◆ **WORK INSTRUCTION**: Working from the records below, repeat exactly the lines starting at the line that contains "p : Bytes → Bool" and ending at the line that contains "(tokens anchored) relative", inclusive.

==== RECORDED DATA ====

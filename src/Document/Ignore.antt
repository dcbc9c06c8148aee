-- ===== src/Document/Ignore.antt =====
-- daemon/src/document/ignore.rs: the rules of an `.importlensignore` file, parsed and applied. Text is
-- its bytes. `str::trim` also drops Unicode whitespace, which the ASCII bytes here do not have, and the
-- walk over the directories is in Resolver.
pub mod Meaning
pub mod Print
use import_lens.Prelude.{
  strip_prefix, bytes_eq, ℕ, suc, Bool, true, false, not, ◌&&◌, ◌||◌, List, [], ◌∷◌, ◌++◌, map,
  Option, none, some, ◌==◌, leb, if◌then◌else◌, any, retain, length, codes,
}
use import_lens.Document.Glob.{Bytes, is_empty, glob_matches_exact}

pub data ImportLensIgnoreRuleKind : Type 0 where
  package_kind import_kind path_kind : ImportLensIgnoreRuleKind

pub record ImportLensIgnoreRule : Type 0 where
  pub kind : ImportLensIgnoreRuleKind
  pub pattern : Bytes

pub record ImportLensIgnore : Type 0 where
  pub base_directory : Bytes
  pub rules : List ImportLensIgnoreRule

pub record DetectedImport : Type 0 where
  pub specifier : Bytes
  pub package_name : Bytes

-- The ASCII part of `char::is_whitespace`.
abbrev pub is_whitespace : ℕ → Bool
is_whitespace c = (leb 9 c && leb c 13) || c == 32

unfoldable pub trim_start : Bytes → Bytes
trim_start [] = []
trim_start (c ∷ s) = let rest = trim_start s in if is_whitespace c then rest else c ∷ s

unfoldable pub trim_end : Bytes → Bytes
trim_end [] = []
trim_end (c ∷ s) =
    let rest = trim_end s in if is_empty rest && is_whitespace c then [] else c ∷ rest

unfoldable pub trim : Bytes → Bytes
unfolding trim_start trim_end
trim s = trim_end (trim_start s)

-- A carriage return before the line feed belongs to the ending.
abbrev pub drop_return : Bytes → Bytes
drop_return [] = []
drop_return (c ∷ []) = if c == b'\r' then [] else c ∷ []
drop_return (c ∷ d ∷ s) = c ∷ drop_return (d ∷ s)

-- `str::lines`; `line` is what was read of the current line.
unfoldable pub lines_from : Bytes → Bytes → List Bytes
lines_from line [] = if is_empty line then [] else line ∷ []
lines_from line (c ∷ s) = elim (c == b'\n') [
  | true ↦ drop_return line ∷ lines_from [] s
  | false ↦ lines_from (line ++ c ∷ []) s
]

unfoldable pub split_once : ℕ → Bytes → Option (Bytes × Bytes)
split_once sep [] = none
split_once sep (c ∷ s) =
    let rest = split_once sep s in
    if c == sep
    then some ([], s)
    else elim rest [ none ↦ none | some (before, after) ↦ some (c ∷ before, after) ]

unfoldable pub rule_of : Bytes → Bytes → Bytes → ImportLensIgnoreRule
rule_of line kind pattern =
    if bytes_eq kind (codes "package")
    then record { kind = package_kind; pattern = pattern }
    else if bytes_eq kind (codes "import")
    then record { kind = import_kind; pattern = pattern }
    else if bytes_eq kind (codes "path")
    then record { kind = path_kind; pattern = pattern }
    else record { kind = import_kind; pattern = line }

unfoldable pub parse_rule_line : Bytes → ImportLensIgnoreRule
parse_rule_line line = elim (split_once b':' line) [
  | none ↦ record { kind = import_kind; pattern = line }
  | some (kind, pattern) ↦ rule_of line kind pattern
]

unfoldable pub is_rule_line : Bytes → Bool
is_rule_line [] = false
is_rule_line (c ∷ _) = not (c == b'#')

unfoldable pub parse_import_lens_ignore : Bytes → Bytes → ImportLensIgnore
parse_import_lens_ignore contents base = record {
  base_directory = base;
  rules = map parse_rule_line (retain is_rule_line (map trim (lines_from [] contents)));
}

abbrev pub normalize_byte : ℕ → ℕ
normalize_byte c = if c == b'\\' then b'/' else c

abbrev pub normalize_path : Bytes → Bytes
normalize_path = map normalize_byte

unfoldable pub trim_end_slashes : Bytes → Bytes
trim_end_slashes [] = []
trim_end_slashes (c ∷ s) =
    let rest = trim_end_slashes s in if is_empty rest && c == b'/' then [] else c ∷ rest

unfoldable pub suffixes_after_slashes : Bytes → List Bytes
suffixes_after_slashes [] = []
suffixes_after_slashes (c ∷ s) =
    let rest = suffixes_after_slashes s in if c == b'/' then s ∷ rest else rest

unfoldable pub matches_anchored : Bytes → Bytes → Bytes → Bool
matches_anchored anchored path base = elim (strip_prefix (trim_end_slashes base) path) [
  | none ↦ false
  | some rest ↦ elim (strip_prefix (b'/' ∷ []) rest) [
    | none ↦ false
    | some relative ↦ glob_matches_exact anchored relative
  ]
]

unfoldable pub matches_anywhere : Bytes → Bytes → Bool
matches_anywhere pattern path =
    glob_matches_exact pattern path
    || any (λ suffix. glob_matches_exact pattern suffix) (suffixes_after_slashes path)

unfoldable pub glob_matches_path : Bytes → Bytes → Bytes → Bool
glob_matches_path pattern file base = elim (strip_prefix (b'/' ∷ []) (normalize_path pattern)) [
  | some anchored ↦ matches_anchored anchored (normalize_path file) (normalize_path base)
  | none ↦ matches_anywhere (normalize_path pattern) (normalize_path file)
]

unfoldable pub rule_ignores : DetectedImport → Bytes → Bytes → ImportLensIgnoreRule → Bool
rule_ignores detected file base rule = elim (rule.kind) [
  | package_kind ↦ glob_matches_exact rule.pattern detected.package_name
  | import_kind ↦ glob_matches_exact rule.pattern detected.specifier
  | path_kind ↦ glob_matches_path rule.pattern file base
]

unfoldable pub should_ignore_import : DetectedImport → Bytes → ImportLensIgnore → Bool
should_ignore_import detected file ignore =
    any (rule_ignores detected file ignore.base_directory) ignore.rules
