-- ===== src/Document/Ignore/Meaning.antt =====
-- What a rule of daemon/src/document/ignore.rs ignores, said without the search of the source.
use import_lens.Prelude.{
  any-In, In-any, strip_prefix, strip_prefix-split, strip_prefix_iff, ℕ, ◌≡◌, ◌↔◌, ◌⊎◌, inl, inr,
  refl, ap, ap₂, sym, subst, ◌∙◌, Bool, true, false, ◌||◌, [], ◌∷◌, ◌++◌, Option, none, some, ◌==◌,
  ==_iff, In, here, there, arith, Bool-cases, if◌then◌else◌,
}
use import_lens.Document.Glob.{Bytes, glob_matches_exact}
use import_lens.Document.Glob.Relation.{Matches, tokens, glob_matches_exact_iff}
use import_lens.Document.Ignore.{
  ImportLensIgnore, ImportLensIgnoreRule, package_kind, import_kind, path_kind, DetectedImport,
  normalize_path, trim_end_slashes, suffixes_after_slashes, matches_anchored, matches_anywhere,
  glob_matches_path, rule_ignores, should_ignore_import,
}

-- A suffix after a slash, as a split of the text at that slash.
suffix-split :
    (s after : Bytes)
    → In after (suffixes_after_slashes s)
    → (before : Bytes) × (s ≡ before ++ b'/' ∷ after)
unfolding suffixes_after_slashes
suffix-split [] after i = elim i [ ]
suffix-split (c ∷ s) after i = go (suffix-split s after) (c == b'/') refl i
  where
    go :
        (In after (suffixes_after_slashes s) → (before : Bytes) × (s ≡ before ++ b'/' ∷ after))
        → (b : Bool) → (c == b'/') ≡ b
        → In after (if b then s ∷ suffixes_after_slashes s else suffixes_after_slashes s)
        → (before : Bytes) × (c ∷ s ≡ before ++ b'/' ∷ after)
    go ih true e (here h) = ([], ap₂ (λ x s. x ∷ s) ((==_iff c b'/').0 e) (sym h))
    go ih true e (there j) = let (before, h) = ih j in (c ∷ before, ap (λ s. c ∷ s) h)
    go ih false e j = let (before, h) = ih j in (c ∷ before, ap (λ s. c ∷ s) h)

split-suffix : (before after : Bytes) → In after (suffixes_after_slashes (before ++ b'/' ∷ after))
unfolding suffixes_after_slashes
split-suffix [] after = here refl
split-suffix (c ∷ before) after =
    elim (c == b'/')
      as (λ b. In after (
        if b
        then (before ++ b'/' ∷ after) ∷ suffixes_after_slashes (before ++ b'/' ∷ after)
        else suffixes_after_slashes (before ++ b'/' ∷ after))) [
          | true ↦ there (split-suffix before after)
          | false ↦ split-suffix before after
        ]

-- A pattern matches the whole path, or what follows one of its slashes.
abbrev pub MatchesAnywhere : Bytes → Bytes → Type 0
MatchesAnywhere pattern path =
    Matches (tokens pattern) path
    ⊎ ((before : Bytes) × (after : Bytes) × (path ≡ before ++ b'/' ∷ after)
        × Matches (tokens pattern) after)

or_iff : (a b : Bool) → ((a || b) ≡ true) ↔ ((a ≡ true) ⊎ (b ≡ true))
or_iff true b = (λ h. inl refl, λ h. refl)
or_iff false b = (λ h. inr h, λ h. elim h [ inl e ↦ absurd (cc) | inr e ↦ e ])

matches_anywhere_iff :
    (pattern path : Bytes) → (matches_anywhere pattern path ≡ true) ↔ MatchesAnywhere pattern path
unfolding matches_anywhere
matches_anywhere_iff pattern path = (forward, back)
  where
    p : Bytes → Bool
    p suffix = glob_matches_exact pattern suffix

    forward : matches_anywhere pattern path ≡ true → MatchesAnywhere pattern path
    forward h = elim ((or_iff _ _).0 h) [
      | inl e ↦ inl ((glob_matches_exact_iff pattern path).0 e)
      | inr e ↦
          let (after, i, m) = any-In p (suffixes_after_slashes path) e in
          let (before, split) = suffix-split path after i in
          inr (before, after, split, (glob_matches_exact_iff pattern after).0 m)
    ]

    back : MatchesAnywhere pattern path → matches_anywhere pattern path ≡ true
    back (inl m) = (or_iff _ _).1 (inl ((glob_matches_exact_iff pattern path).1 m))
    back (inr (before, after, split, m)) = (or_iff _ _).1 (
        inr (
          In-any p (suffixes_after_slashes path) after
            (subst (λ s. In after (suffixes_after_slashes s)) (sym split)
              (split-suffix before after))
            ((glob_matches_exact_iff pattern after).1 m)))

-- A pattern matches what follows the base directory and a slash.
abbrev pub MatchesAnchored : Bytes → Bytes → Bytes → Type 0
MatchesAnchored anchored path base =
    (relative : Bytes) × (path ≡ trim_end_slashes base ++ b'/' ∷ relative)
    × Matches (tokens anchored) relative

-- A test of what follows a prefix.
after_prefix : Bytes → Bytes → (Bytes → Bool) → Bool
after_prefix p s k = elim (strip_prefix p s) [ none ↦ false | some rest ↦ k rest ]

after_prefix_iff :
    (p s : Bytes) (k : Bytes → Bool)
    → (after_prefix p s k ≡ true) ↔ ((rest : Bytes) × (s ≡ p ++ rest) × (k rest ≡ true))
unfolding after_prefix
after_prefix_iff p s k = (forward (strip_prefix p s) refl, back)
  where
    forward :
        (o : Option Bytes)
        → strip_prefix p s ≡ o
        → (elim o [ none ↦ false | some rest ↦ k rest ]) ≡ true
        → (rest : Bytes) × (s ≡ p ++ rest) × (k rest ≡ true)
    forward none e h = absurd (cc)
    forward (some rest) e h = (rest, strip_prefix-split p s rest e, h)

    back :
        ((rest : Bytes) × (s ≡ p ++ rest) × (k rest ≡ true))
        → (elim (strip_prefix p s) [ none ↦ false | some rest ↦ k rest ]) ≡ true
    back (rest, split, h) = rw ((strip_prefix_iff p s rest).1 split) h

matches_anchored_iff :
    (anchored path base : Bytes)
    → (matches_anchored anchored path base ≡ true) ↔ MatchesAnchored anchored path base
unfolding matches_anchored after_prefix
matches_anchored_iff anchored path base = (forward, back)
  where
    stem : Bytes
    stem = trim_end_slashes base

    slash : Bytes
    slash = b'/' ∷ []

    tail : Bytes → Bool
    tail rest = after_prefix slash rest (glob_matches_exact anchored)

    forward : matches_anchored anchored path base ≡ true → MatchesAnchored anchored path base
    forward h =
        let (rest, split, h') = (after_prefix_iff stem path tail).0 h in
        let (relative, split', m) =
          (after_prefix_iff slash rest (glob_matches_exact anchored)).0 h' in
        (
          relative,
          split ∙ ap (λ s. stem ++ s) split',
          (glob_matches_exact_iff anchored relative).0 m,
        )

    back : MatchesAnchored anchored path base → matches_anchored anchored path base ≡ true
    back (relative, split, m) = (after_prefix_iff stem path tail).1 (
      b'/' ∷ relative,
      split,
      (after_prefix_iff slash (b'/' ∷ relative) (glob_matches_exact anchored)).1
          (relative, refl, (glob_matches_exact_iff anchored relative).1 m),
    )

-- A path rule: anchored to the directory of the ignore file if it begins with a slash.
abbrev pub MatchesPath : Bytes → Bytes → Bytes → Type 0
MatchesPath [] path base = MatchesAnywhere [] path
MatchesPath (c ∷ pattern) path base =
    ((c ≡ b'/') × MatchesAnchored pattern path base)
    ⊎ (¬ (c ≡ b'/') × MatchesAnywhere (c ∷ pattern) path)

-- The first matching of a path rule, on texts that are normalized.
abbrev matches_normalized : Bytes → Bytes → Bytes → Bool
matches_normalized pattern path base = elim (strip_prefix (b'/' ∷ []) pattern) [
  | some anchored ↦ matches_anchored anchored path base
  | none ↦ matches_anywhere pattern path
]

matches_normalized_iff :
    (pattern path base : Bytes)
    → (matches_normalized pattern path base ≡ true) ↔ MatchesPath pattern path base
unfolding strip_prefix
matches_normalized_iff [] path base = matches_anywhere_iff [] path
matches_normalized_iff (c ∷ pattern) path base = elim (Bool-cases (b'/' == c)) [
  | inl e ↦
      rw (e, matches_normalized)
        (
          λ h. inl (sym ((==_iff b'/' c).0 e), (matches_anchored_iff pattern path base).0 h),
          λ m. elim m [
            | inl (_, a) ↦ (matches_anchored_iff pattern path base).1 a
            | inr (n, _) ↦ absurd (n (sym ((==_iff b'/' c).0 e)))
          ],
        )
  | inr e ↦
      rw (e, matches_normalized)
        (
          λ h. inr (λ q. absurd (differ c e q), (matches_anywhere_iff (c ∷ pattern) path).0 h),
          λ m. elim m [
            | inl (q, _) ↦ absurd (differ c e q)
            | inr (_, a) ↦ (matches_anywhere_iff (c ∷ pattern) path).1 a
          ],
        )
]
  where
    differ : (c : ℕ) → (b'/' == c) ≡ false → ¬ (c ≡ b'/')
    differ c e q = ground (arith, ==_iff b'/' c)

-- What it means that a rule ignores an import of a file.
abbrev pub Ignores : DetectedImport → Bytes → Bytes → ImportLensIgnoreRule → Type 0
Ignores detected file base rule = elim (rule.kind) [
  | package_kind ↦ Matches (tokens rule.pattern) detected.package_name
  | import_kind ↦ Matches (tokens rule.pattern) detected.specifier
  | path_kind ↦
      MatchesPath (normalize_path rule.pattern) (normalize_path file) (normalize_path base)
]

rule_ignores_iff :
    (detected : DetectedImport) (file base : Bytes) (rule : ImportLensIgnoreRule)
    → (rule_ignores detected file base rule ≡ true) ↔ Ignores detected file base rule
unfolding rule_ignores glob_matches_path
rule_ignores_iff detected file base rule =
    elim (rule.kind)
      as (λ kind.
        ((elim kind [
          | package_kind ↦ glob_matches_exact rule.pattern detected.package_name
          | import_kind ↦ glob_matches_exact rule.pattern detected.specifier
          | path_kind ↦ glob_matches_path rule.pattern file base
        ])
          ≡ true)
        ↔ (elim kind [
          | package_kind ↦ Matches (tokens rule.pattern) detected.package_name
          | import_kind ↦ Matches (tokens rule.pattern) detected.specifier
          | path_kind ↦
              MatchesPath (normalize_path rule.pattern) (normalize_path file) (normalize_path base)
        ])) [
          | package_kind ↦ glob_matches_exact_iff rule.pattern detected.package_name
          | import_kind ↦ glob_matches_exact_iff rule.pattern detected.specifier
          | path_kind ↦
              matches_normalized_iff (normalize_path rule.pattern) (normalize_path file)
                (normalize_path base)
        ]

-- An import is ignored if and only if some rule of the file ignores it: a package or import rule whose
-- pattern matches the name or the specifier, or a path rule that matches, with `/` for `\`, the file's
-- path below the directory of the ignore file if the pattern begins with a slash, and otherwise the
-- whole path or what follows one of its slashes. `**` stands for any text, `*` for text without a slash.
pub should_ignore_import_iff :
    (detected : DetectedImport) (file : Bytes) (ignore : ImportLensIgnore)
    → (should_ignore_import detected file ignore ≡ true) ↔ (
        (rule : ImportLensIgnoreRule) × In rule ignore.rules
        × Ignores detected file ignore.base_directory rule)
unfolding should_ignore_import
should_ignore_import_iff detected file ignore = (
  λ h.
      let (rule, i, m) = any-In (rule_ignores detected file ignore.base_directory) ignore.rules h in
      (rule, i, (rule_ignores_iff detected file ignore.base_directory rule).0 m),
  λ (rule, i, m).
      In-any (rule_ignores detected file ignore.base_directory) ignore.rules rule i
        ((rule_ignores_iff detected file ignore.base_directory rule).1 m),
)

====

◆ **ANSWER BELOW**:
    p : Bytes → Bool
    p suffix = glob_matches_exact pattern suffix

    forward : matches_anywhere pattern path ≡ true → MatchesAnywhere pattern path
    forward h = elim ((or_iff _ _).0 h) [
      | inl e ↦ inl ((glob_matches_exact_iff pattern path).0 e)
      | inr e ↦
          let (after, i, m) = any-In p (suffixes_after_slashes path) e in
          let (before, split) = suffix-split path after i in
          inr (before, after, split, (glob_matches_exact_iff pattern after).0 m)
    ]

    back : MatchesAnywhere pattern path → matches_anywhere pattern path ≡ true
    back (inl m) = (or_iff _ _).1 (inl ((glob_matches_exact_iff pattern path).1 m))
    back (inr (before, after, split, m)) = (or_iff _ _).1 (
        inr (
          In-any p (suffixes_after_slashes path) after
            (subst (λ s. In after (suffixes_after_slashes s)) (sym split)
              (split-suffix before after))
            ((glob_matches_exact_iff pattern after).1 m)))

-- A pattern matches what follows the base directory and a slash.
abbrev pub MatchesAnchored : Bytes → Bytes → Bytes → Type 0
MatchesAnchored anchored path base =
    (relative : Bytes) × (path ≡ trim_end_slashes base ++ b'/' ∷ relative)
    × Matches (tokens anchored) relative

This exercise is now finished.